Elizabeth Bennet's Diary

Elizabeth Bennet is one of my favorite heroines of all time, cinematic or literary. How marvelous that a character created over two hundred years ago can still feel so fresh and contemporary! Even though the whole story is marriage-centric, it’s definitely something I would have a future daughter read, simply because Elizabeth is such a great female character.
While I also enjoy its 20th century update, Bridget Jones’s Diary, I don’t care for Bridget half as much as I do for Lizzy B. I actually find it quite worrisome that such an acerbic, intelligent, self-possessed individual has such a relatively pathetic modern-day counterpart. Elizabeth’s thoughts did not revolve around finding a man nearly as much as Bridget’s did; never was she tongue-tied or flustered, even when found in a legitimately embarrassing situation.

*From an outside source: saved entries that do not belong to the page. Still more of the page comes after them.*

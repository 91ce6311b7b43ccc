-- ===== src/Latch/Release/Wake.antt =====
-- What a lock has acquired after one is woken.
use client_go.Base.{
  ℕ, ◌≡◌, ◌∙◌, sym, ap, ◌⊎◌, inl, inr, true, Bool-cases, Option, none, some, List, ◌∷◌, Bytes,
  bytes_eq→eq,
}
use client_go.Latch.{Request, Lock, Woken, next_is}
use client_go.Latch.Table.{wake_lock, stale_lock}
use client_go.Latch.Queue.Released.{owner_of, WaitedFor}
use client_go.Latch.Requests.{HasKey}
use client_go.Latch.Holders.{nat_dec, if_same, update_all, wanted_cases}

next_is-key :
    (wanted : List Request) (r : Request) (rest : List Request) (key : Bytes)
    → wanted ≡ r ∷ rest
    → next_is wanted key ≡ true
    → r.key ≡ key
next_is-key wanted r rest key e h = bytes_eq→eq r.key key (rw e at h)

module _ (locks : ℕ → Lock) (key : Bytes) where
  pub wake_old :
      (w : Option Woken) (j : ℕ) (k : Bytes)
      → WaitedFor locks key w
      → HasKey (locks j).acquired k
      → HasKey (wake_lock locks w j).acquired k
  unfolding wake_lock stale_lock
  wake_old none j k waited h = h
  wake_old (some v) j k waited h = elim (Bool-cases v.made_stale) [
    | inr awake ↦ rw awake h
    | inl stale ↦ elim (nat_dec v.next_lock j) [
      | inr other ↦ rw (stale, other) h
      | inl same ↦ elim (wanted_cases (locks v.next_lock).wanted) [
        | inl nothing ↦ absurd (cc (rw nothing at waited))
        | inr (r, (rest, wants)) ↦
            rw (stale, if_same v.next_lock j same, wants, stale_lock) (inr (rw same h))
      ]
    ]
  ]

  pub wake_new :
      (w : Option Woken) (j : ℕ)
      → WaitedFor locks key w
      → owner_of w ≡ some j
      → HasKey (wake_lock locks w j).acquired key
  unfolding wake_lock stale_lock
  wake_new none j waited own = cc
  wake_new (some v) j waited own = elim (Bool-cases v.made_stale) [
    | inr awake ↦ absurd (cc (rw awake at own))
    | inl stale ↦
        let same : v.next_lock ≡ j = cc (rw stale at own) in
        elim (wanted_cases (locks v.next_lock).wanted) [
          | inl nothing ↦ absurd (cc (rw nothing at waited))
          | inr (r, (rest, wants)) ↦
              rw (stale, if_same v.next_lock j same, wants, stale_lock)
                (inl (next_is-key (locks v.next_lock).wanted r rest key wants waited))
        ]
  ]

  pub wake_cases :
      (w : Option Woken) (j : ℕ) (k : Bytes)
      → WaitedFor locks key w
      → HasKey (wake_lock locks w j).acquired k
      → ((owner_of w ≡ some j) × (key ≡ k)) ⊎ HasKey (locks j).acquired k
  unfolding wake_lock stale_lock
  wake_cases none j k waited h = inr h
  wake_cases (some v) j k waited h = elim (Bool-cases v.made_stale) [
    | inr awake ↦ inr (rw awake at h)
    | inl stale ↦ elim (nat_dec v.next_lock j) [
      | inr other ↦ inr (rw (stale, other) at h)
      | inl same ↦ elim (wanted_cases (locks v.next_lock).wanted) [
        | inl nothing ↦ absurd (cc (rw nothing at waited))
        | inr (r, (rest, wants)) ↦
            elim (rw (stale, if_same v.next_lock j same, wants, stale_lock) at h) [
              | inl e ↦ inl (
                rw stale (ap some same),
                sym (next_is-key (locks v.next_lock).wanted r rest key wants waited) ∙ e,
              )
              | inr had ↦ inr (rw (← same) had)
            ]
      ]
    ]
  ]

  pub wake_all :
      (P : Lock → Type 0) (w : Option Woken)
      → ((j : ℕ) → P (locks j))
      → ((l : Lock) → P l → P (stale_lock l l.wanted))
      → (j : ℕ) → P (wake_lock locks w j)
  unfolding wake_lock
  wake_all P none old new j = old j
  wake_all P (some v) old new j = elim (Bool-cases v.made_stale) [
    | inr awake ↦ rw awake (old j)
    | inl stale ↦ rw stale (
        update_all locks P v.next_lock (stale_lock (locks v.next_lock) (locks v.next_lock).wanted)
          old (new (locks v.next_lock) (old v.next_lock)) j)
  ]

I wonder what Helen Fielding was thinking when she chose to characterize her modern-day Elizabeth in such a fashion. Was she simply trying to appeal to an audience raised on a steady diet of Nora Ephron-Meg Ryan vehicles? Was she simply just more interested in Pride and Prejudice’s plot, and not its characters? Or was she trying to make some sort of social commentary on female identity in the Sex and the City era? Ensconced in her pastoral English bubble, of course Elizabeth wouldn’t need to mind looking slovenly after a muddy tramp from Longbourn to Netherfield. With modern media’s constant barrage of technologically perfected female imagery, however, would she have remained so strong and confident?